| What needs to be done |
Of the entries below, restate word for word only the section that runs from the line with "(after_update rule_id now r s).1.table" to the line with "(rule_id : ℕ) (s : ApiState)", counting both ends.

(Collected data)
-- ===== src/Scheduler/Api/Keeps.antt =====
-- The handlers of app/api/scheduler.py keep the invariant of schedule_rules.
use open_asicmanager.Prelude.{
  ℕ, ◌≡◌, [], ◌∷◌, subst, refl, Bool, true, false, Option, none, some, List, not, Result, ok,
  raised, Ensures, bind-Ensures, then-Ensures, ensured, arith,
}
use open_asicmanager.Values.{Json}
use open_asicmanager.Groups.{Group}
use open_asicmanager.Scheduler.{Rule}
use open_asicmanager.Scheduler.Input.{InputError, ScheduleInput, schedule_normalize_input}
use open_asicmanager.Scheduler.Input.Bounds.{IsAccepted, schedule_normalize_input-IsAccepted}
use open_asicmanager.Scheduler.Table.{
  RuleTable, switched, schedule_conflicting_rule, get_schedule_rule, create_schedule_rule,
}
use open_asicmanager.Scheduler.Table.Apart.{IsSound}
use open_asicmanager.Scheduler.Table.Sound.{
  create-IsSound, update-IsSound, switched-IsSound, delete-IsSound,
}
use open_asicmanager.Scheduler.Api.{
  ApiError, ApiState, RuleEvent, parsed, or_bad_input, existing, no_conflict,
  validated_schedule_group, create_checks, reply_created, after_create, api_schedule_rule_create,
  update_checks, updated, after_update, new_effective_from, api_schedule_rule_update, enable_checks,
  toggle_checks, after_toggle, api_schedule_rule_toggle, after_delete, api_schedule_rule_delete,
  scheduler_toggle,
}

input-IsAccepted :
    (body : Json) (current : Option Rule) {n : ScheduleInput}
    → or_bad_input (schedule_normalize_input body current) ≡ ok n
    → IsAccepted n
input-IsAccepted body current {n} h =
    by (schedule_normalize_input body current) (schedule_normalize_input-IsAccepted body current) h
  where
    by :
        (r : Result InputError ScheduleInput)
        → Ensures IsAccepted r
        → or_bad_input r ≡ ok n
        → IsAccepted n
    by (ok m) a e = let same : m ≡ n = ground arith in subst IsAccepted same a
    by (raised x) a e = cc

clear_of : (o : Option Rule) → no_conflict o ≡ ok tt → o ≡ none
clear_of none h = refl
clear_of (some r) h = cc

-- An input that passed the checks, against the rules without the one that is changed.
abbrev Passed : Option ℕ → List Rule → ScheduleInput → Type 0
Passed ex rules n = IsAccepted n × (schedule_conflicting_rule n ex rules ≡ none)

create_checks-Passed :
    (json : Option Json) (s : ApiState)
    → Ensures (λ p. Passed none s.table.rules p.0) (create_checks json s)
unfolding create_checks
create_checks-Passed json s = bind-Ensures _ (parsed json) _ (λ body h1.
    bind-Ensures _ (or_bad_input (schedule_normalize_input body none)) _ (λ n h2.
      bind-Ensures _ (validated_schedule_group n s.groups) _ (λ g h3.
        then-Ensures _ (no_conflict (schedule_conflicting_rule n none s.table.rules)) _
          (λ h4. (input-IsAccepted body none h2, clear_of _ h4)))))

create-Keeps :
    (now : ℕ) (s : ApiState) (r : Result ApiError (ScheduleInput × Option Group))
    → Ensures (λ p. Passed none s.table.rules p.0) r
    → IsSound s.table
    → IsSound (after_create now r s).1.table
unfolding after_create
create-Keeps now s (raised e) h w = w
create-Keeps now s (ok (n, g)) h w =
    by (create_schedule_rule n now s.table) (create-IsSound n now s.table h.0 h.1 w)
  where
    by : (o : Option Rule × RuleTable) → IsSound o.1 → IsSound (reply_created n g o s).1.table
    by (none, t) w = w
    by (some r, t) w = w

updated-Keeps :
    (e : RuleEvent) (o : Option Rule × RuleTable) (s : ApiState)
    → IsSound o.1
    → IsSound (updated e o s).1.table
unfolding updated
updated-Keeps e (none, t) s w = w
updated-Keeps e (some r, t) s w = w

update_checks-Passed :
    (rule_id : ℕ) (json : Option Json) (s : ApiState)
    → Ensures (λ p. Passed (some rule_id) s.table.rules p.1) (update_checks rule_id json s)
unfolding update_checks
update_checks-Passed rule_id json s =
    bind-Ensures _ (existing (get_schedule_rule rule_id s.table.rules)) _ (λ current h0.
      bind-Ensures _ (parsed json) _ (λ body h1.
        bind-Ensures _ (or_bad_input (schedule_normalize_input body (some current))) _ (λ n h2.
          bind-Ensures _ (validated_schedule_group n s.groups) _ (λ g h3.
            then-Ensures _ (no_conflict (schedule_conflicting_rule n (some rule_id) s.table.rules))
              _ (λ h4. (input-IsAccepted body (some current) h2, clear_of _ h4))))))

update-Keeps :
    (rule_id now : ℕ) (s : ApiState) (r : Result ApiError (Rule × ScheduleInput × Option Group))
    → Ensures (λ p. Passed (some rule_id) s.table.rules p.1) r
    → IsSound s.table
    → IsSound (after_update rule_id now r s).1.table
unfolding after_update
update-Keeps rule_id now s (raised e) h w = w
update-Keeps rule_id now s (ok (current, n, g)) h w =
    updated-Keeps _ _ s
      (update-IsSound rule_id n (new_effective_from current n now) now s.table h.0 h.1 w)

-- The rule that is toggled, found, and without conflict once it is switched.
abbrev Switchable : ℕ → List Rule → Rule → Type 0
Switchable rule_id rules r =
    (get_schedule_rule rule_id rules ≡ some r)
    × (schedule_conflicting_rule (switched (not r.enabled) r) (some rule_id) rules ≡ none)

enable-Clear :
    (enabled : Bool) (rule_id : ℕ) (r : Rule) (s : ApiState)
    → enable_checks enabled rule_id r s ≡ ok tt
    → schedule_conflicting_rule (switched enabled r) (some rule_id) s.table.rules ≡ none
unfolding enable_checks
enable-Clear false rule_id r s h = unfold schedule_conflicting_rule in refl
enable-Clear true rule_id r s h =
    ensured (λ _. schedule_conflicting_rule (switched true r) (some rule_id) s.table.rules ≡ none) _
      (bind-Ensures _ (validated_schedule_group (switched true r) s.groups) _
        (λ g _. after (schedule_conflicting_rule (switched true r) (some rule_id) s.table.rules)))
      h
  where
    after : (o : Option Rule) → Ensures (λ _. o ≡ none) (no_conflict o)
    after none = refl
    after (some r) = tt

toggle_checks-Switchable :
    (rule_id : ℕ) (s : ApiState)
    → Ensures (Switchable rule_id s.table.rules) (toggle_checks rule_id s)
unfolding toggle_checks
toggle_checks-Switchable rule_id s =
    bind-Ensures _ (existing (get_schedule_rule rule_id s.table.rules)) _ (λ r h0.
      then-Ensures _ (enable_checks (not r.enabled) rule_id r s) _
        (λ h1. (found _ h0, enable-Clear (not r.enabled) rule_id r s h1)))
  where
    found : (o : Option Rule) {r : Rule} → existing o ≡ ok r → o ≡ some r
    found none h = cc
    found (some x) h = ground arith

toggle-Keeps :
    (rule_id now : ℕ) (s : ApiState) (r : Result ApiError Rule)
    → Ensures (Switchable rule_id s.table.rules) r
    → IsSound s.table
    → IsSound (after_toggle rule_id now r s).1.table
unfolding after_toggle
toggle-Keeps rule_id now s (raised e) h w = w
toggle-Keeps rule_id now s (ok r) h w =
    updated-Keeps _ _ s (switched-IsSound rule_id (not r.enabled) _ now s.table h.0 h.1 w)

delete-Keeps :
    (rule_id : ℕ) (o : Option Rule × RuleTable) (s : ApiState)
    → IsSound o.1
    → IsSound (after_delete rule_id o s).1.table
unfolding after_delete
delete-Keeps rule_id (none, t) s w = w
delete-Keeps rule_id (some r, t) s w = w

-- A call of one of the handlers that write, at a time.
pub data ApiCall : Type 0 where
  create : Option Json → ℕ → ApiCall
  update : ℕ → Option Json → ℕ → ApiCall
  toggle : ℕ → ℕ → ApiCall
  delete : ℕ → ApiCall
  switch_scheduler : ApiCall

unfoldable pub call : ApiCall → ApiState → ApiState
call (create json now) s = (api_schedule_rule_create json now s).1
call (update rule_id json now) s = (api_schedule_rule_update rule_id json now s).1
call (toggle rule_id now) s = (api_schedule_rule_toggle rule_id now s).1
call (delete rule_id) s = (api_schedule_rule_delete rule_id s).1
call switch_scheduler s = (scheduler_toggle s).1

call-IsSound : (c : ApiCall) (s : ApiState) → IsSound s.table → IsSound (call c s).table
unfolding call api_schedule_rule_create api_schedule_rule_update api_schedule_rule_toggle
    api_schedule_rule_delete scheduler_toggle
call-IsSound (create json now) s w = create-Keeps now s _ (create_checks-Passed json s) w
call-IsSound (update rule_id json now) s w =
    update-Keeps rule_id now s _ (update_checks-Passed rule_id json s) w
call-IsSound (toggle rule_id now) s w =
    toggle-Keeps rule_id now s _ (toggle_checks-Switchable rule_id s) w
call-IsSound (delete rule_id) s w = delete-Keeps rule_id _ s (delete-IsSound rule_id s.table w)
call-IsSound switch_scheduler s w = w

unfoldable pub calls : List ApiCall → ApiState → ApiState
unfolding call
calls [] s = s
calls (c ∷ cs) s = calls cs (call c s)

-- Whatever requests come in, in any order and with any bodies, on a sound table: the rules keep
-- columns that are in range, ids are used once, and no two enabled rules of one scope and group act at
-- the same minute of a weekday that both select.
pub calls-IsSound :
    (cs : List ApiCall) (s : ApiState) → IsSound s.table → IsSound (calls cs s).table
unfolding calls
calls-IsSound [] s w = w
calls-IsSound (c ∷ cs) s w = calls-IsSound cs (call c s) (call-IsSound c s w)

| Reply |
    → IsSound (after_update rule_id now r s).1.table
unfolding after_update
update-Keeps rule_id now s (raised e) h w = w
update-Keeps rule_id now s (ok (current, n, g)) h w =
    updated-Keeps _ _ s
      (update-IsSound rule_id n (new_effective_from current n now) now s.table h.0 h.1 w)

-- The rule that is toggled, found, and without conflict once it is switched.
abbrev Switchable : ℕ → List Rule → Rule → Type 0
Switchable rule_id rules r =
    (get_schedule_rule rule_id rules ≡ some r)
    × (schedule_conflicting_rule (switched (not r.enabled) r) (some rule_id) rules ≡ none)

enable-Clear :
    (enabled : Bool) (rule_id : ℕ) (r : Rule) (s : ApiState)
    → enable_checks enabled rule_id r s ≡ ok tt
    → schedule_conflicting_rule (switched enabled r) (some rule_id) s.table.rules ≡ none
unfolding enable_checks
enable-Clear false rule_id r s h = unfold schedule_conflicting_rule in refl
enable-Clear true rule_id r s h =
    ensured (λ _. schedule_conflicting_rule (switched true r) (some rule_id) s.table.rules ≡ none) _
      (bind-Ensures _ (validated_schedule_group (switched true r) s.groups) _
        (λ g _. after (schedule_conflicting_rule (switched true r) (some rule_id) s.table.rules)))
      h
  where
    after : (o : Option Rule) → Ensures (λ _. o ≡ none) (no_conflict o)
    after none = refl
    after (some r) = tt

toggle_checks-Switchable :
    (rule_id : ℕ) (s : ApiState)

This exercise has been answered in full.